Report how many lines of the data below contain "text". Give nothing besides the number.

DATA EXTRACT Block Start

-- ===== src/Base58/Heap.antt =====
-- The four functions of native-crypto/base58.c with the memory that they obtain and free. A length
-- that a function leaves unset is `none`.
use chain_wallet.Common.{
  ℕ, ◌+◌, ◌-◌, ◌*◌, Bool, true, false, ◌&&◌, Option, none, some, [], ◌∷◌, ◌++◌, Bytes, length, take,
  drop, ltb, ◌==◌, if◌then◌else◌,
}
use chain_wallet.Jni.Machine.{Ptr, M, pure, fault, lift, ◌>>=◌, ◌>>◌}
use chain_wallet.Jni.Memory.{malloc, free, read, write}
use chain_wallet.Primitives.{Primitives}
use chain_wallet.Base58.{encode, decode}

abbrev pub Sized : Type 0
Sized = Ptr × Option ℕ

-- What the loops do to a buffer of `n` bytes, of whose content `encode` and `decode` give account: a
-- buffer that was refused is a fault.
unfoldable pub touch : Ptr → ℕ → M (Unit {0})
touch buffer n = do bytes ← read buffer n; pure tt

unfoldable pub encode_nonempty : Ptr → ℕ → M Sized
encode_nonempty input n = do
  in_copy ← malloc n
  bytes ← read input n
  write in_copy bytes
  temp ← malloc (n * 2)
  touch temp (n * 2)
  text ← lift (encode bytes)
  free in_copy
  out ← malloc (length text + 1)
  write out (text ++ 0 ∷ [])
  free temp
  pure (out, some (length text))

unfoldable pub base58_encode : Ptr → ℕ → M Sized
base58_encode input n = if n == 0 then pure (none, none) else encode_nonempty input n

unfoldable pub decode_nonempty : Bytes → M Sized
decode_nonempty input = do
  input58 ← malloc (length input)
  touch input58 (length input)
  temp ← malloc (length input)
  touch temp (length input)
  bytes ← lift (decode input)
  free input58
  out ← malloc (length bytes + 1)
  write out (bytes ++ 0 ∷ [])
  free temp
  pure (out, some (length bytes))

unfoldable pub base58_decode : Bytes → M Sized
base58_decode input = if length input == 0 then pure (none, none) else decode_nonempty input

-- The comparison of four bytes.
abbrev pub same_bytes : Bytes → Bytes → Bool
same_bytes [] [] = true
same_bytes [] (b ∷ bs) = false
same_bytes (a ∷ as') [] = false
same_bytes (a ∷ as') (b ∷ bs) = a == b && same_bytes as' bs

module _ (c : Primitives) where
  abbrev pub checksum : Bytes → Bytes
  checksum m = take 4 (c.sha256 (c.sha256 m))

  unfoldable pub base58_encode_check : Ptr → ℕ → M Sized
  base58_encode_check input n = do
    message ← read input n
    new_input ← malloc (n + 4)
    write new_input (message ++ checksum message)
    base58 ← base58_encode new_input (n + 4)
    free new_input
    pure base58

  -- Where the check fails the decoded block is not freed.
  unfoldable pub check : Ptr → ℕ → M Sized
  check decoded n = do
    message ← read decoded (n - 4)
    all ← read decoded n
    if same_bytes (checksum message) (drop (n - 4) all)
        then (do
          result ← malloc (n - 4)
          write result message
          free decoded
          pure (result, some (n - 4)))
        else (do empty ← malloc 0; pure (empty, some 0))

  -- A length below 4 becomes negative, and `sha256_Raw` is then given a length of nearly 2 ^ 64; an
  -- unset length is read.
  unfoldable pub base58_decode_check : Bytes → M Sized
  base58_decode_check input = do
    (decoded, out_len) ← base58_decode input
    elim out_len [ none ↦ fault | some n ↦ if ltb n 4 then fault else check decoded n ]
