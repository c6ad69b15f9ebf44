-- ===== src/Base58/Follows.antt =====
-- The functions of base58.c on the C heap under refused memory. Only the block of length 0 that stands
-- for a wrong checksum is given back where it is refused.
use chain_wallet.Common.{ℕ, Bytes}
use chain_wallet.Jni.Machine.{Ptr}
use chain_wallet.Jni.Follows.{Follows, Ends, IsMissingOf, Follows-bind, Follows-option, Ends-first}
use chain_wallet.Jni.FollowsMethod.{follows_rules}
use chain_wallet.Jni.EndsCalls.{read-Ends}
use chain_wallet.Common.{none}
use chain_wallet.Jni.Machine.{M, ◌>>=◌}
use chain_wallet.Primitives.{Primitives}
use chain_wallet.Base58.Heap

touch-Follows : {P : Unit {0} → Type 0} (p : Ptr) (n : ℕ) → Follows P (Heap.touch p n)
unfolding Heap.touch
touch-Follows p n = search follows_rules

touch-Ends :
    {A : Type 0} {P : A → Type 0} (n : ℕ) (f : Unit {0} → M A) → Ends P (Heap.touch none n >>= f)
unfolding Heap.touch
touch-Ends n f = Ends-first _ f (read-Ends n _)

encode_nonempty-Follows :
    {P : Heap.Sized → Type 0} (p : Ptr) (n : ℕ) → Follows P (Heap.encode_nonempty p n)
unfolding Heap.encode_nonempty
encode_nonempty-Follows p n = search (touch-Follows, touch-Ends, follows_rules) depth 60 fits 4000

pub base58_encode-Follows :
    {P : Heap.Sized → Type 0} (p : Ptr) (n : ℕ) → Follows P (Heap.base58_encode p n)
unfolding Heap.base58_encode
base58_encode-Follows p n = search (encode_nonempty-Follows, follows_rules) depth 60 fits 4000

decode_nonempty-Follows : {P : Heap.Sized → Type 0} (t : Bytes) → Follows P (Heap.decode_nonempty t)
unfolding Heap.decode_nonempty
decode_nonempty-Follows t = search (touch-Follows, touch-Ends, follows_rules) depth 60 fits 4000

pub base58_decode-Follows : {P : Heap.Sized → Type 0} (t : Bytes) → Follows P (Heap.base58_decode t)
unfolding Heap.base58_decode
base58_decode-Follows t = search (decode_nonempty-Follows, follows_rules) depth 60 fits 4000

module _ (c : Primitives) where
  pub base58_encode_check-Follows :
      {P : Heap.Sized → Type 0} (p : Ptr) (n : ℕ) → Follows P (Heap.base58_encode_check c p n)
  unfolding Heap.base58_encode_check
  base58_encode_check-Follows p n = search (base58_encode-Follows, follows_rules) depth 60 fits 4000

  check-Follows : (p : Ptr) (n : ℕ) → Follows IsMissingOf (Heap.check c p n)
  unfolding Heap.check
  check-Follows p n = search follows_rules depth 60 fits 4000

  pub base58_decode_check-Follows : (t : Bytes) → Follows IsMissingOf (Heap.base58_decode_check c t)
  unfolding Heap.base58_decode_check
  base58_decode_check-Follows t = Follows-bind _ _ (base58_decode-Follows t) λ x.
      Follows-option (x.1) _ _ (search follows_rules)
        λ n. search (check-Follows, follows_rules) depth 60 fits 4000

DATA EXTRACT Block End

_COMPLETED TASK_
4